Our Full-Employment Division

Why didn’t California’s unemployment office heed past audits? Because real efficiency means fewer jobs.

The report last week that the state Employment Development Department had paid $20 billion in bogus jobless benefit claims, including $810 million to convicts, added to the view that EDD is the government equivalent of a dumpster fire. It came days after a Sacramento Bee report that found that thousands of legitimate applicants for jobless benefits who left out key information might have to wait as long as six months to be interviewed by agency officials to clear the way for them to get benefits.

Those inclined to be charitable might say it was no surprise that massive job losses during the pandemic would overwhelm the agency. But hold on, says State Auditor Elaine Howle, who is retiring in December after 20 years on the job. In reports dating back to the Great Recession in 2008, Howle’s office has consistently pointed out problems with EDD.

In January, she said the agency had a long history of a sluggish response to any higher level of claims, not just the massive surge seen last spring, and had never adopted common best practices. She said that EDD never completed changes in how operators interacted with callers that she recommended in a 2011 – basically, tracking the reasons for the calls. Having such data could have allowed the agency to revamp its website to provide detailed information that would  answer many of the questions often posed by callers, freeing up operators.

But Howle’s most important point was noting that EDD had made no progress on automating claims processing at a time when some government agencies and much of the private sector has been able to use software to sharply improve efficiency in handling such tasks.

Why didn’t EDD go after this low-hanging fruit? Why didn’t Govs. Jerry Brown or Gavin Newsom? The answer is obvious:

In a state where government unions play such a key role in the Democratic juggernaut – supplying contributions and foot soldiers to political campaigns – there is simply no appetite for such reforms. Why? Because increased efficiency can lead to the loss of government jobs.

The story of EDD’s foot-dragging on automation is nothing new for Sacramento. Dr. Keith Richman – the maverick, moderate Northridge Republican elected to the Assembly in 2000 for the first of three terms – was passionate about expanding the number of low-income children enrolled in free state public health programs. An estimated one-third to one-half of all eligible kids weren’t enrolled.

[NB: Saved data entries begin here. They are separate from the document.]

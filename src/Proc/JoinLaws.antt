-- ===== src/Proc/JoinLaws.antt =====
-- `wait` on each branch, and `kthread_join` with the exit that ends it.
use assignment.Prelude.{
  ap, dec_lt, ==_refl, map, ◌<◌, ℕ, zero, suc, ◌≡◌, ◌≢◌, refl, ◌∙◌, true, false, List, [], ◌∷◌,
  Option, none, some, arith, pos, minus_one, ==ℤ_refl, get_elem?, modify, get_elem?-modify_self,
  get_elem?-modify_ne, find_index, find_index-some, find_index-le, count_if, Option-cases,
  Bool-cases, inl, inr, ◌⊎◌,
}
use assignment.Kernel.{Kernel, Proc, zombie, unused, runnable, Chan, proc_chan, same_ptr}
use assignment.Kalloc.{is_page, kfree, v2p}
use assignment.Env.{Env}
use assignment.Vm.Memory.{Vm}
use assignment.Vm.User.{freevm}
use assignment.Proc.Join.{p2v, freevm_in}
use assignment.Proc.Table.{wakeup1, sleeps_on, sleep}
use assignment.Proc.TableLaws.{get_elem?-wakeup1, KeepsOthers}
use assignment.Proc.Exit.{reaped, wake_joiners}
use assignment.Proc.Join.{
  returns, sleeps, wait, reap, is_child, is_dead_child, joins, kthread_join, is_joinable, is_free,
}

same_ptr-some : (a : Option ℕ) (cur : ℕ) → same_ptr a (some cur) ≡ true → a ≡ some cur
same_ptr-some none cur e = absurd (ground (arith, e))
same_ptr-some (some i) cur e = ap some (ground (arith, e))

freevm_in_lem :
    (vm vm' : Vm) (pgdir : ℕ) (freelist : List ℕ)
    → freevm (v2p pgdir) (record vm { freelist = map v2p freelist }) ≡ some (tt, vm')
    → freevm_in vm pgdir freelist ≡ some (map p2v vm'.freelist)
unfolding freevm_in
freevm_in_lem vm vm' pgdir freelist e = rw (e, freevm_in) refl

-- A zombie whose parent is the process of the entry `cur`.
abbrev pub IsDeadChild : ℕ → Proc → Type 0
IsDeadChild cur p = (p.parent ≡ some cur) × (p.state ≡ zombie)

IsDeadChild-is_dead_child : (cur : ℕ) (p : Proc) → IsDeadChild cur p → is_dead_child cur p ≡ true
IsDeadChild-is_dead_child cur p (parent, dead) = rw (parent, dead) (rw (==_refl cur) refl)

is_dead_child-IsDeadChild : (cur : ℕ) (p : Proc) → is_dead_child cur p ≡ true → IsDeadChild cur p
is_dead_child-IsDeadChild cur p e =
    (same_ptr-some p.parent cur (ground (arith, e)), ground (arith, e))

-- The search for a zombie child ends at the first one.
first_dead :
    (cur i : ℕ) (p : Proc) (ps : List Proc)
    → get_elem? ps i ≡ some p
    → IsDeadChild cur p
    → ((j : ℕ) (q : Proc) → j < i → get_elem? ps j ≡ some q → ¬ IsDeadChild cur q)
    → find_index (is_dead_child cur) ps ≡ some i
first_dead cur i p ps at dead first =
    let (j, found, le) =
      find_index-le (is_dead_child cur) ps i p at (IsDeadChild-is_dead_child cur p dead) in
    let (q, at_j, is_dead) = find_index-some (is_dead_child cur) ps j found in
    elim (dec_lt j i) [
      | yes lt ↦ absurd (first j q lt at_j (is_dead_child-IsDeadChild cur q is_dead))
      | no ge ↦ let same : j ≡ i = omega (arith, le, ge) in found ∙ ap some same
    ]

module _ (env : Env) (cur : ℕ) (proc : Proc) (k : Kernel)
    (caller : get_elem? k.procs cur ≡ some proc) where
  -- If the entry `i` is the first zombie child of the caller, its kernel stack is a page, and the
  -- `freevm` of vm.c returns for its page directory over the memory `vm`, then `wait` returns the
  -- pid of the child. The free list is what `freevm` makes of it after the stack's page was put in
  -- front; the entry is UNUSED, has no stack, pid, parent or name and is not marked as killed; the
  -- other entries are as they were.
  pub wait_reaps :
      (i : ℕ) (p : Proc) (vm vm' : Vm)
      → env.freevm ≡ freevm_in vm
      → get_elem? k.procs i ≡ some p
      → IsDeadChild cur p
      → ((j : ℕ) (q : Proc) → j < i → get_elem? k.procs j ≡ some q → ¬ IsDeadChild cur q)
      → is_page k.kernel_end p.kstack ≡ true
      → freevm (v2p p.pgdir) (record vm { freelist = map v2p (p.kstack ∷ k.freelist) })
        ≡ some (tt, vm')
      → (k' : Kernel) × (wait env cur k ≡ some (returns (pos p.pid), k'))
        × (k'.freelist ≡ map p2v vm'.freelist)
        × (get_elem? k'.procs i
            ≡ some (record p {
              state = unused;
              kstack = 0;
              pid = 0;
              parent = none;
              name = modify p.name 0 (λ _. 0);
              killed = false;
            }))
        × KeepsOthers i k.procs k'.procs
  unfolding wait reap kfree
  wait_reaps i p vm vm' calls at dead first page freed = (
    record k { freelist = map p2v vm'.freelist; procs = modify k.procs i reaped },
    rw (caller, wait)
        (rw (first_dead cur i p k.procs at dead first, at)
          (rw (page, reap, kfree)
            (rw
              (ap (λ f. f p.pgdir (p.kstack ∷ k.freelist)) calls
                ∙ freevm_in_lem vm vm' p.pgdir (p.kstack ∷ k.freelist) freed)
              refl))),
    refl,
    get_elem?-modify_self k.procs i reaped at,
    λ j ne. get_elem?-modify_ne k.procs i j reaped ne,
  )

  -- With no zombie child `wait` returns -1 and changes nothing if the caller has no child at all or
  -- has been killed; otherwise the caller sleeps on its own entry until a child ends.
  pub wait_waits :
      find_index (is_dead_child cur) k.procs ≡ none
      → ((wait env cur k ≡ some (returns minus_one, k))
          × ((count_if (is_child cur) k.procs ≡ 0) ⊎ (proc.killed ≡ true)))
        ⊎ ((wait env cur k ≡ some (sleeps, sleep cur (proc_chan cur) k))
            × (count_if (is_child cur) k.procs ≢ 0)
            × (proc.killed ≡ false))
  unfolding wait
  wait_waits none_dead = ground (arith, caller, none_dead)

abbrev RunnableAt : ℕ → List Proc → Type 0
RunnableAt cur ps = (q : Proc) × (get_elem? ps cur ≡ some q) × (q.state ≡ runnable)

woken_now :
    (cur : ℕ) (chan : Chan) (ps : List Proc) (q : Proc)
    → get_elem? ps cur ≡ some q
    → sleeps_on chan q ≡ true
    → RunnableAt cur (wakeup1 chan ps)
woken_now cur chan ps q at asleep =
    (record q { state = runnable }, get_elem?-wakeup1 chan ps cur ∙ rw (at, asleep) refl, refl)

stays_runnable :
    (ts : List (Option ℕ)) (cur : ℕ) (ps : List Proc)
    → RunnableAt cur ps
    → RunnableAt cur (wake_joiners ts ps)
unfolding wake_joiners
stays_runnable [] cur ps h = h
stays_runnable (none ∷ ts) cur ps h = stays_runnable ts cur ps h
stays_runnable (some i ∷ ts) cur ps (q, at, run) =
    let awake : sleeps_on (proc_chan i) q ≡ false = ground (arith, run) in
    stays_runnable ts cur (wakeup1 (proc_chan i) ps)
      (q, get_elem?-wakeup1 (proc_chan i) ps cur ∙ rw (at, awake) refl, run)

-- The thread that sleeps in a join wakes when the thread that it waits for ends.
pub wake_joiners_wakes :
    (ts : List (Option ℕ)) (s cur : ℕ) (ps : List Proc) (q : Proc)
    → get_elem? ts s ≡ some (some cur)
    → get_elem? ps cur ≡ some q
    → sleeps_on (proc_chan cur) q ≡ true
    → (q' : Proc) × (get_elem? (wake_joiners ts ps) cur ≡ some q') × (q'.state ≡ runnable)
unfolding wake_joiners
wake_joiners_wakes [] s cur ps q listed at asleep = absurd (ground (arith, listed))
wake_joiners_wakes (none ∷ ts) zero cur ps q listed at asleep = absurd (ground (arith, listed))
wake_joiners_wakes (none ∷ ts) (suc s) cur ps q listed at asleep =
    wake_joiners_wakes ts s cur ps q listed at asleep
wake_joiners_wakes (some i ∷ ts) zero cur ps q listed at asleep =
    let same : i ≡ cur = ground (arith, listed) in
    stays_runnable ts cur _ (rw same (woken_now cur (proc_chan cur) ps q at asleep))
wake_joiners_wakes (some i ∷ ts) (suc s) cur ps q listed at asleep =
    elim (Bool-cases (sleeps_on (proc_chan i) q)) [
      | inl h ↦ stays_runnable ts cur _ (woken_now cur (proc_chan i) ps q at h)
      | inr h ↦
          wake_joiners_wakes ts s cur (wakeup1 (proc_chan i) ps) q listed
            (get_elem?-wakeup1 (proc_chan i) ps cur ∙ rw (at, h) refl) asleep
    ]

-- `kthread_join` on the id of a thread that has been reaped does not fail: the entry keeps the id,
-- and the caller goes to sleep in the list of a thread that will not end.
pub join_reaped :
    (k : Kernel) (i cur : ℕ) (p : Proc)
    → get_elem? k.procs i ≡ some p
    → (j : ℕ) × (s : ℕ) × (k' : Kernel) × (kthread_join p.thread_id cur
          (record k { procs = modify k.procs i reaped })
        ≡ some (joins j s, k'))
unfolding kthread_join
join_reaped k i cur p at =
    let ps = modify k.procs i reaped in
    let gone : Kernel = record k { procs = ps } in
    let found =
      find_index-le (is_joinable p.thread_id) ps i (reaped p)
        (get_elem?-modify_self k.procs i reaped at) (rw (==ℤ_refl p.thread_id) refl) in
    let slot = find_index-some (is_joinable p.thread_id) ps found.0 found.1 in
    elim (Option-cases (find_index is_free (slot.0).sleeping_threads)) [
      | inl full ↦ (
        found.0,
        64,
        sleep cur (proc_chan cur) gone,
        rw (found.1, kthread_join) (rw slot.1 (rw full refl)),
      )
      | inr (s, free) ↦ (
        found.0,
        s,
        sleep cur (proc_chan cur) (record gone {
          procs =
              modify ps found.0
                (λ t. record t { sleeping_threads = modify t.sleeping_threads s (λ _. some cur) });
        }),
        rw (found.1, kthread_join) (rw slot.1 (rw free refl)),
      )
    ]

I interviewed Richman, who died in 2010, about his proposed reform: making it simple and easy for parents to sign up their children for the health programs online. He was quickly and flatly told the idea was a non-starter because it would lead to a loss of government jobs.

To paraphrase Monty Python’s Eric Idle, “Every government job is sacred, every government job is great. If a government job is wasted, God gets quite irate.”

Yet government unions and their political allies are right to assume that making public employees more efficient would mean fewer such employees – and fewer employees means reduced union dues revenue. They’re fully aware of the years of reports from the McKinsey Center for Government, part of the global McKinsey think tank. The reports have long argued that the productivity revolution seen in much of the private sector beginning in the late 1990s could help local, state and federal governments get much more bang for taxpayers’ bucks.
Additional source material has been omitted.